The most plausible explanation for the observed relationship between difficult intubation and OSAS is that they may share the same anatomical characteristics. Hiremath et al.4 affirmed strong relationships between increased Mallampati scores and difficult intubation and OSAS after performing a radiographic evaluation of both patient types. According to their study, difficult intubation and OSAS are both associated with a greater Mallampati score and anterior mandibular depth, and smaller mandibular and cervical angles; these share anatomical features that act to reduce the skeletal confines of the tongue.

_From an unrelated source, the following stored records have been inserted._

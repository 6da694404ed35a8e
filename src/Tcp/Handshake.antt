-- ===== src/Tcp/Handshake.antt =====
-- internal/curlu/tcpraw.go: `handshakeJA4T` with `pump`, `matchReply` and `waitSYNACK`. The addresses
-- of the socket's packets are checked here, behind it a segment stands alone.
use curlu.Base.{
  ℕ, Bool, true, false, not, ◌&&◌, Option, none, some, List, [], ◌∷◌, ◌++◌, ◌%◌, ◌==◌,
  if◌then◌else◌, Bytes, Result, ok, err, same,
}
use curlu.Fingerprint.{
  Fingerprint, FingerprintError, TcpOption, tcp_options, has_kind, synack_mss, timestamp_echo,
}
use curlu.Tcp.Defs.{
  word, add32, ConnError, net_closed, connection_reset, Segment, Moment, Conn, data_options,
  moment_now, moments_later,
}

pub record Endpoints : Type 0 where
  pub src_ip : Bytes
  pub dst_ip : Bytes
  pub src_port : ℕ
  pub dst_port : ℕ

-- What `io.Read` returns: an error, bytes that are no IPv4 packet with TCP, or such a packet.
pub data Arrival : Type 0 where
  read_failed : ConnError → Arrival
  unreadable : Arrival
  packet : Endpoints → Segment → Arrival

-- `matchReply`: the packet's addresses are the connection's, the other way round.
unfoldable pub match_reply : Endpoints → Endpoints → Bool
match_reply ip conn =
    same ip.src_ip conn.dst_ip
    && same ip.dst_ip conn.src_ip
    && ip.src_port == conn.dst_port
    && ip.dst_port == conn.src_port

-- What `pump` puts into the channel, and the error with which it closes the channel, if there is one:
-- without it the context was done.
abbrev pub queued : Segment → List Segment × Option ConnError → List Segment × Option ConnError
queued seg (segs, e) = (seg ∷ segs, e)

unfoldable pub pump : Endpoints → List Arrival → List Segment × Option ConnError
pump conn [] = ([], none)
pump conn (read_failed e ∷ later) = ([], some e)
pump conn (unreadable ∷ later) = pump conn later
pump conn (packet ip tcp ∷ later) =
    let rest = pump conn later in
    if not (match_reply ip conn)
    then rest
    else if tcp.rst
    then ([], some connection_reset)
    else queued tcp rest

-- Why `waitSYNACK` gets no further segment: the channel is closed, with the connection's error, or
-- the context is done, with its error.
pub data Ending : Type 0 where
  channel_closed : Option ConnError → Ending
  context_done : ConnError → Ending

abbrev pub ending_error : Ending → ConnError
ending_error (channel_closed none) = net_closed
ending_error (channel_closed (some e)) = e
ending_error (context_done e) = e

-- The SYN-ACK and the segments behind it in the channel.
unfoldable pub wait_synack : ℕ → Ending → List Segment → Result ConnError (Segment × List Segment)
wait_synack iss ending [] = err (ending_error ending)
wait_synack iss ending (tcp ∷ segs) =
    let onward = wait_synack iss ending segs in
    if tcp.syn && tcp.ack && tcp.ack_number == add32 iss 1 then ok (tcp, segs) else onward

pub data HandshakeError : Type 0 where
  no_random : HandshakeError
  bad_options : FingerprintError → HandshakeError
  broken : ConnError → HandshakeError

-- A header without data, as `serializeSegment` is asked for it, with the identification 1.
abbrev pub bare : ℕ → ℕ → Bool → Bool → ℕ → List TcpOption → Segment
bare seq ack_number syn ack window options = record {
  seq = seq;
  ack_number = ack_number;
  syn = syn;
  ack = ack;
  psh = false;
  fin = false;
  rst = false;
  window = window;
  id = 1;
  options = options;
  payload = [];
}

-- The connection behind the SYN-ACK, with the SYN on the wire, before its acknowledgement is sent.
unfoldable pub synack_conn : Fingerprint → ℕ → Segment → Segment → List Moment → Conn
synack_conn fp iss syn synack moments = record {
  window = fp.window;
  peer_mss = synack_mss synack.options;
  use_ts = has_kind fp.kinds 8;
  snd_nxt = add32 iss 1;
  rcv_nxt = add32 synack.seq 1;
  ts_echo = timestamp_echo synack.options;
  ip_id = 0;
  read_buf = [];
  read_deadline = none;
  write_deadline = none;
  closed = false;
  got_fin = false;
  error = none;
  wire = syn ∷ [];
  moments = moments;
}

-- The acknowledgement of the SYN-ACK.
abbrev pub final_ack : Conn → Segment
final_ack c =
    bare c.snd_nxt c.rcv_nxt false true c.window
      (data_options c.use_ts (moment_now c.moments).clock c.ts_echo)

abbrev pub acknowledged :
    Conn → List Segment → Option ConnError → Result HandshakeError (Conn × List Segment)
acknowledged c segs (some e) = err (broken e)
acknowledged c segs none =
    ok (record c { wire = c.wire ++ final_ack c ∷ []; moments = moments_later c.moments }, segs)

abbrev pub answered :
    Fingerprint
    → ℕ
    → Segment
    → List Moment
    → Result ConnError (Segment × List Segment)
    → Result HandshakeError (Conn × List Segment)
answered fp iss syn moments (err e) = err (broken e)
answered fp iss syn moments (ok (synack, segs)) =
    acknowledged (synack_conn fp iss syn synack moments) segs (moment_now moments).fault

-- The SYN is written in the first of the moments, and its acknowledgement's in the next one.
abbrev pub syn_sent :
    Fingerprint
    → ℕ
    → List TcpOption
    → Ending
    → List Segment
    → List Moment
    → Option ConnError
    → Result HandshakeError (Conn × List Segment)
syn_sent fp iss options ending channel moments (some e) = err (broken e)
syn_sent fp iss options ending channel moments none =
    answered fp iss (bare iss 0 true false fp.window options) moments
      (wait_synack iss ending channel)

abbrev pub with_options :
    Fingerprint
    → ℕ
    → Ending
    → List Segment
    → List Moment
    → Result FingerprintError (List TcpOption)
    → Result HandshakeError (Conn × List Segment)
with_options fp iss ending channel moments (err e) = err (bad_options e)
with_options fp iss ending channel moments (ok options) =
    syn_sent fp iss options ending channel (moments_later moments) (moment_now moments).fault

-- `handshakeJA4T`: `iss` is what `randomSeq` returns, `channel` what `pump` has queued until the
-- handshake ends. The connection comes with the segments that `recvLoop` finds in the channel.
unfoldable pub handshake :
    Fingerprint
    → Option ℕ
    → Ending
    → List Segment
    → List Moment
    → Result HandshakeError (Conn × List Segment)
handshake fp none ending channel moments = err no_random
handshake fp (some iss) ending channel moments =
    with_options fp iss ending channel moments (tcp_options fp ((moment_now moments).clock % word))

Though BMI was related significantly with AHI in the present study, we did not find any correlation between BMI and the occurrence of difficult intubation. A large prospective study of 1,833 patients identified obesity is a factor predisposing difficult intubation.12 The mean BMI of our OSAS patients was 27.9 ± 2.9, which would place our patients in their non-obese category.
In the postoperative period, patients with difficult intubation tended to have slightly longer extubation times and lengths of stay in PACU than patients without, but there were no statistical significances. This may be due to our hospital patient management guidelines for OSAS, namely, that the endotracheal tube be removed after full awakening, and time to full awakening might be related to the anesthetic agent.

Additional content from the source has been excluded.